Agentic AI and LLM application: LLM application accelerating unstructured clinical trial document (CSPs) development
A proof-of-concept (PofC) chatbot using agentic AI and AWS to accelerate clinical trial protocol document workflows
Tools & Techniques
Python (LangChain
/LangGraph
, pymupdf
), AWS Bedrock Agent, AWS Sagemaker, AWS Sandbox, FastAPI
, GitHub
Summary
Clinical study protocols (CSPs) are essential for maintaining both the integrity and scientific validity of clinical trials. Examples can be found here. However, CSP development is often a complex and time-intensive process for pharmacetical companies: it requires deep disease-specific expertise for accurate trial design, aligning with best practices established in previous trials, and consistency with organizational standards and regulatory requirements.
Currently, using general chat applications like ChatGPT to extract and summarize clinical study protocols poses significant challenges: they lack domain-specific training, often miss critical regulatory and contextual nuances, and struggle with diverse document formats and data types. As a result, the extracted information can be incomplete, non-reproducible, or misleading.
To streamline the handling of unstructured CSP documents and improve the quality of information extraction and summarization, I explored AI-assisted ETL processes leveraging advanced techniques such as Retrieval-Augmented Generation (RAG), foundation models, and AI agents. To ensure accessibility and ease of use, I deployed a conversational AI chatbot capable of performing these tasks interactively. This approach is designed to support statisticians in accelerating the development of high-quality clinical trial protocols.

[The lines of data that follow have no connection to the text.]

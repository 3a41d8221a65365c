-- ===== src/Auth/Totp/Race.antt =====
-- Requests that present recovery codes of one user at the same time. A request is in a phase; with
-- each step it makes one statement on the table of users, and any request may make the next step.
use komachi.Base.{ℕ, zero, suc, Text, Bool, Option, none, some, List, [], ◌∷◌, any, if◌then◌else◌}
use komachi.Auth.Users.Store.{User, Users, find, has_id, holds_hashes, swap_hashes}
use komachi.Auth.Totp.{verify_recovery_code, remaining}

pub data Phase : Type 0 where
  -- about to compare and swap, with the hashes that were read and the attempts that are left
  swapping : List Text → ℕ → Phase
  -- about to read the hashes again
  reading : ℕ → Phase
  accepted : Phase
  refused : Phase
  missing : Phase

pub record Request : Type 0 where
  pub code : Text
  pub phase : Phase

abbrev pub read_again : ℕ → Option User → Phase
read_again left none = missing
read_again left (some u) = swapping u.totp_recovery_code_hashes left

module _ (compare_hash : Text → Text → Bool) (id : Text) where
  abbrev pub swap_phase : ℕ → Bool → Phase
  swap_phase left swapped = if swapped then accepted else reading left

  abbrev pub compare_and_swap : ℕ → List Text → Users → Option ℕ → Phase × Users
  compare_and_swap left hashes rows none = (refused, rows)
  compare_and_swap left hashes rows (some i) = (
    swap_phase left (any (holds_hashes id hashes) rows),
    (swap_hashes id hashes (remaining i hashes) rows).1,
  )

  unfoldable pub advance : Text → Phase → Users → Phase × Users
  advance code (swapping hashes zero) rows = (refused, rows)
  advance code (swapping hashes (suc left)) rows =
      compare_and_swap left hashes rows (verify_recovery_code compare_hash code hashes)
  advance code (reading left) rows = (read_again left (find (has_id id) rows), rows)
  advance code accepted rows = (accepted, rows)
  advance code refused rows = (refused, rows)
  advance code missing rows = (missing, rows)

  -- the step of the request at a place, if there is one
  unfoldable pub turn : ℕ → List Request → Users → List Request × Users
  turn n [] rows = ([], rows)
  turn zero (r ∷ rs) rows =
      let (p, after) = advance r.code r.phase rows in (record r { phase = p } ∷ rs, after)
  turn (suc n) (r ∷ rs) rows = let (rest, after) = turn n rs rows in (r ∷ rest, after)

  -- steps in any order
  unfoldable pub interleave : List ℕ → List Request → Users → List Request × Users
  interleave [] rs rows = (rs, rows)
  interleave (n ∷ schedule) rs rows =
      let (rest, after) = turn n rs rows in interleave schedule rest after
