-- ===== src/Auth/Totp/Single.antt =====
-- A recovery code is good for as many logins as it has hashes, however the requests interleave.
use komachi.Base.{
  ℕ, zero, suc, ◌+◌, ◌≤◌, ◌≡◌, ◌≢◌, refl, subst, ◌↔◌, inl, inr, Text, Bool, true, false, Option,
  none, some, List, [], ◌∷◌, ◌==◌, ◌&&◌, any, if◌then◌else◌, eq_text_iff, Bool-cases, Option-cases,
  arith,
}
use komachi.Auth.Users.Store.{
  User, Users, find, has_id, set_where, holds_hashes, swap_hashes, eq_texts,
}
use komachi.Auth.Users.Table.{Distinct, Distinct-set_where, find-any, weight}
use komachi.Auth.Totp.{verify_recovery_code, first_match, later, remaining, normalize_code}
use komachi.Auth.Totp.Race.{
  Phase, Request, swapping, reading, accepted, refused, missing, compare_and_swap, advance, turn,
  interleave,
}

pub eq_texts_iff : (ss ts : List Text) → (eq_texts ss ts ≡ true) ↔ (ss ≡ ts)
unfolding eq_texts
eq_texts_iff [] [] = ground arith
eq_texts_iff [] (t ∷ ts) = ground arith
eq_texts_iff (s ∷ ss) [] = ground arith
eq_texts_iff (s ∷ ss) (t ∷ ts) = ground (arith, eq_text_iff s t, eq_texts_iff ss ts)

abbrev pub matches : (Text → Bool) → List Text → ℕ
matches p [] = 0
matches p (h ∷ hashes) = weight (p h) + matches p hashes

later-ne-zero : (o : Option ℕ) → later o ≢ some 0
later-ne-zero none h = absurd (ground arith)
later-ne-zero (some i) h = absurd (ground arith)

later-eq-suc : {i : ℕ} (o : Option ℕ) → later o ≡ some (suc i) → o ≡ some i
later-eq-suc none h = absurd (ground arith)
later-eq-suc (some j) h = ground arith

-- What is left of the hashes has one fewer that the code fits.
matches-remaining :
    (p : Text → Bool) (i : ℕ) (hashes : List Text)
    → first_match p hashes ≡ some i
    → matches p (remaining i hashes) + 1 ≡ matches p hashes
unfolding first_match
matches-remaining p i [] h = absurd (cc)
matches-remaining p zero (x ∷ hashes) h = zero_case (p x) refl h
  where
    zero_case :
        (b : Bool)
        → p x ≡ b
        → (if b then some 0 else later (first_match p hashes)) ≡ some 0
        → matches p hashes + 1 ≡ weight (p x) + matches p hashes
    zero_case true e h = ground (arith, e)
    zero_case false e h = absurd (later-ne-zero (first_match p hashes) h)
matches-remaining p (suc i) (x ∷ hashes) h = suc_case (p x) refl h (matches-remaining p i hashes)
  where
    suc_case :
        (b : Bool)
        → p x ≡ b
        → (if b then some 0 else later (first_match p hashes)) ≡ some (suc i)
        → (first_match p hashes ≡ some i → matches p (remaining i hashes) + 1 ≡ matches p hashes)
        → matches p (x ∷ remaining i hashes) + 1 ≡ weight (p x) + matches p hashes
    suc_case true e h rest = absurd (ground arith)
    suc_case false e h rest =
        let r : matches p (remaining i hashes) + 1 ≡ matches p hashes =
          rest (later-eq-suc (first_match p hashes) h) in
        ground (arith, e, r)

matches-remaining_le :
    (p : Text → Bool) (i : ℕ) (hashes : List Text)
    → matches p (remaining i hashes) ≤ matches p hashes
matches-remaining_le p zero [] = omega arith
matches-remaining_le p (suc i) [] = omega arith
matches-remaining_le p zero (x ∷ hashes) = omega arith
matches-remaining_le p (suc i) (x ∷ hashes) = omega (arith, matches-remaining_le p i hashes)

abbrev pub hashes_or_none : Option User → List Text
hashes_or_none none = []
hashes_or_none (some u) = u.totp_recovery_code_hashes

abbrev pub stored : Text → Users → List Text
stored id rows = hashes_or_none (find (has_id id) rows)

unswapped :
    (id : Text) (old new : List Text) (rows : Users)
    → any (holds_hashes id old) rows ≡ false
    → (swap_hashes id old new rows).1 ≡ rows
unfolding swap_hashes set_where
unswapped id old new [] h = refl
unswapped id old new (r ∷ rows) h = ground (arith, unswapped id old new rows)

find-swapped :
    (id : Text) (old new : List Text) (rows : Users) {u : User}
    → find (has_id id) rows ≡ some u
    → eq_texts u.totp_recovery_code_hashes old ≡ true
    → stored id (swap_hashes id old new rows).1 ≡ new
unfolding swap_hashes set_where
find-swapped id old new [] found e = absurd (cc)
find-swapped id old new (r ∷ rows) {u = u} found e =
    ground (arith, find-swapped id old new rows {u = u})

-- The swap took place on the hashes that were read.
swapped :
    (id : Text) (old new : List Text) (rows : Users)
    → Distinct (λ r. r.id) rows
    → any (holds_hashes id old) rows ≡ true
    → (stored id rows ≡ old) × (stored id (swap_hashes id old new rows).1 ≡ new)
swapped id old new rows d h =
    let (u, found, e) = find-any id (λ r. eq_texts r.totp_recovery_code_hashes old) rows d h in
    (
      rw found ((eq_texts_iff u.totp_recovery_code_hashes old).0 e),
      find-swapped id old new rows {u = u} found e,
    )

pub swap_Distinct :
    (id : Text) (old new : List Text) (rows : Users)
    → Distinct (λ r. r.id) rows
    → Distinct (λ r. r.id) (swap_hashes id old new rows).1
unfolding swap_hashes
swap_Distinct id old new rows d =
    Distinct-set_where (λ r. r.id) (holds_hashes id old)
      (λ r. record r { totp_recovery_code_hashes = new }) (λ r. refl) rows d

-- whether a request was accepted that presented the code
abbrev pub is_accepted : Phase → Bool
is_accepted accepted = true
is_accepted _ = false

abbrev pub accepts : Text → Request → Bool
accepts code r = (normalize_code r.code == normalize_code code) && is_accepted r.phase

abbrev pub accepted_count : Text → List Request → ℕ
accepted_count code [] = 0
accepted_count code (r ∷ rs) = weight (accepts code r) + accepted_count code rs

module _ (compare_hash : Text → Text → Bool) (id code : Text) where
  fits : Text → Bool
  fits h = compare_hash h (normalize_code code)

  taken :
      (code' : Text) (i : ℕ) (hashes : List Text)
      → verify_recovery_code compare_hash code' hashes ≡ some i
      → weight ((normalize_code code' == normalize_code code) && true)
          + matches fits (remaining i hashes)
        ≤ matches fits hashes
  unfolding fits
  taken code' i hashes h = elim (Bool-cases (normalize_code code' == normalize_code code)) [
    | inl e ↦
        let same : normalize_code code' ≡ normalize_code code =
          (eq_text_iff (normalize_code code') (normalize_code code)).0 e in
        let first : first_match fits hashes ≡ some i =
          subst (λ (t : Text). first_match (λ x. compare_hash x t) hashes ≡ some i) same h in
        rw e (omega (arith, matches-remaining fits i hashes first))
    | inr e ↦ rw e (omega (arith, matches-remaining_le fits i hashes))
  ]

  swap_counts :
      (code' : Text) (left i : ℕ) (hashes : List Text) (rows : Users)
      → Distinct (λ r. r.id) rows
      → verify_recovery_code compare_hash code' hashes ≡ some i
      → weight (
            accepts code (record {
              code = code';
              phase = (compare_and_swap compare_hash id left hashes rows (some i)).0;
            }))
          + matches fits (stored id (compare_and_swap compare_hash id left hashes rows (some i)).1)
        ≤ matches fits (stored id rows)
  swap_counts code' left i hashes rows d h = elim (Bool-cases (any (holds_hashes id hashes) rows)) [
    | inl e ↦
        let (before, after) = swapped id hashes (remaining i hashes) rows d e in
        rw (e, after, before) (taken code' i hashes h)
    | inr e ↦
        let u : (swap_hashes id hashes (remaining i hashes) rows).1 ≡ rows =
          unswapped id hashes (remaining i hashes) rows e in
        rw (e, u) (ground arith)
  ]

  advance_counts :
      (code' : Text) (p : Phase) (rows : Users)
      → Distinct (λ r. r.id) rows
      → weight (
            accepts code
              (record { code = code'; phase = (advance compare_hash id code' p rows).0 }))
          + matches fits (stored id (advance compare_hash id code' p rows).1)
        ≤ weight (accepts code (record { code = code'; phase = p })) + matches fits (stored id rows)
  unfolding advance
  advance_counts code' (swapping hashes zero) rows d = ground arith
  advance_counts code' (swapping hashes (suc left)) rows d =
      elim (Option-cases (verify_recovery_code compare_hash code' hashes)) [
        | inl e ↦ rw e (ground arith)
        | inr (i, e) ↦ rw e (ground (arith, swap_counts code' left i hashes rows d e))
      ]
  advance_counts code' (reading left) rows d = elim (Option-cases (find (has_id id) rows)) [
    | inl e ↦ rw e (ground arith)
    | inr (u, e) ↦ rw e (ground arith)
  ]
  advance_counts code' accepted rows d = ground arith
  advance_counts code' refused rows d = ground arith
  advance_counts code' missing rows d = ground arith

  advance-Distinct :
      (code' : Text) (p : Phase) (rows : Users)
      → Distinct (λ r. r.id) rows
      → Distinct (λ r. r.id) (advance compare_hash id code' p rows).1
  unfolding advance
  advance-Distinct code' (swapping hashes zero) rows d = d
  advance-Distinct code' (swapping hashes (suc left)) rows d =
      choice (verify_recovery_code compare_hash code' hashes)
    where
      choice :
          (o : Option ℕ)
          → Distinct (λ r. r.id) (compare_and_swap compare_hash id left hashes rows o).1
      choice none = d
      choice (some i) = swap_Distinct id hashes (remaining i hashes) rows d
  advance-Distinct code' (reading left) rows d = d
  advance-Distinct code' accepted rows d = d
  advance-Distinct code' refused rows d = d
  advance-Distinct code' missing rows d = d

  turn_counts :
      (n : ℕ) (rs : List Request) (rows : Users)
      → Distinct (λ r. r.id) rows
      → accepted_count code (turn compare_hash id n rs rows).0
          + matches fits (stored id (turn compare_hash id n rs rows).1)
        ≤ accepted_count code rs + matches fits (stored id rows)
  unfolding turn
  turn_counts n [] rows d = omega arith
  turn_counts zero (r ∷ rs) rows d = omega (arith, advance_counts r.code r.phase rows d)
  turn_counts (suc n) (r ∷ rs) rows d = omega (arith, turn_counts n rs rows d)

  turn-Distinct :
      (n : ℕ) (rs : List Request) (rows : Users)
      → Distinct (λ r. r.id) rows
      → Distinct (λ r. r.id) (turn compare_hash id n rs rows).1
  unfolding turn
  turn-Distinct n [] rows d = d
  turn-Distinct zero (r ∷ rs) rows d = advance-Distinct r.code r.phase rows d
  turn-Distinct (suc n) (r ∷ rs) rows d = turn-Distinct n rs rows d

  interleave_counts :
      (schedule : List ℕ) (rs : List Request) (rows : Users)
      → Distinct (λ r. r.id) rows
      → accepted_count code (interleave compare_hash id schedule rs rows).0
          + matches fits (stored id (interleave compare_hash id schedule rs rows).1)
        ≤ accepted_count code rs + matches fits (stored id rows)
  unfolding interleave
  interleave_counts [] rs rows d = omega arith
  interleave_counts (n ∷ schedule) rs rows d = omega (
    arith,
    turn_counts n rs rows d,
    interleave_counts schedule (turn compare_hash id n rs rows).0 (turn compare_hash id n rs rows).1
        (turn-Distinct n rs rows d),
  )

-- However the statements of any number of requests interleave, and whatever hashes each of them read
-- before: no more requests are accepted that present a recovery code than it has hashes in the table,
-- so a code with one hash is accepted at most once. The table has one row for an id, and no hashes are
-- added meanwhile.
pub interleave-single_use :
    (compare_hash : Text → Text → Bool) (id code : Text) (schedule : List ℕ) (rs : List Request)
    (rows : Users)
    → Distinct (λ r. r.id) rows
    → accepted_count code rs ≡ 0
    → accepted_count code (interleave compare_hash id schedule rs rows).0
      ≤ matches (λ h. compare_hash h (normalize_code code)) (stored id rows)
unfolding fits
interleave-single_use compare_hash id code schedule rs rows d none_yet =
    omega (arith, none_yet, interleave_counts compare_hash id code schedule rs rows d)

CSP document digitalization
Tasks include: loading unstructured PDF to structured vectordatase, extraction of primary objective, endpoints, assessments/flowchart (tables) and basic trial information extraction, clinical assessment ontologies mapping, etc.
AI Agent Development
Utilized RAG framework (via LangChain
and LangGraph
Graph API), and FastAPI as interactive API server. The RAG was integrated with a LLM model (Claude 3.5 Sonnet) via AWS bedrock agent, enabling the generation of responses to user queries while providing relevant references if needed.
Flow Chart
- Overview of agentic ai & RAG structure (simiplified for illustration only)
Primary Notice: The original chatbot was deployed using company-hosted cloud services.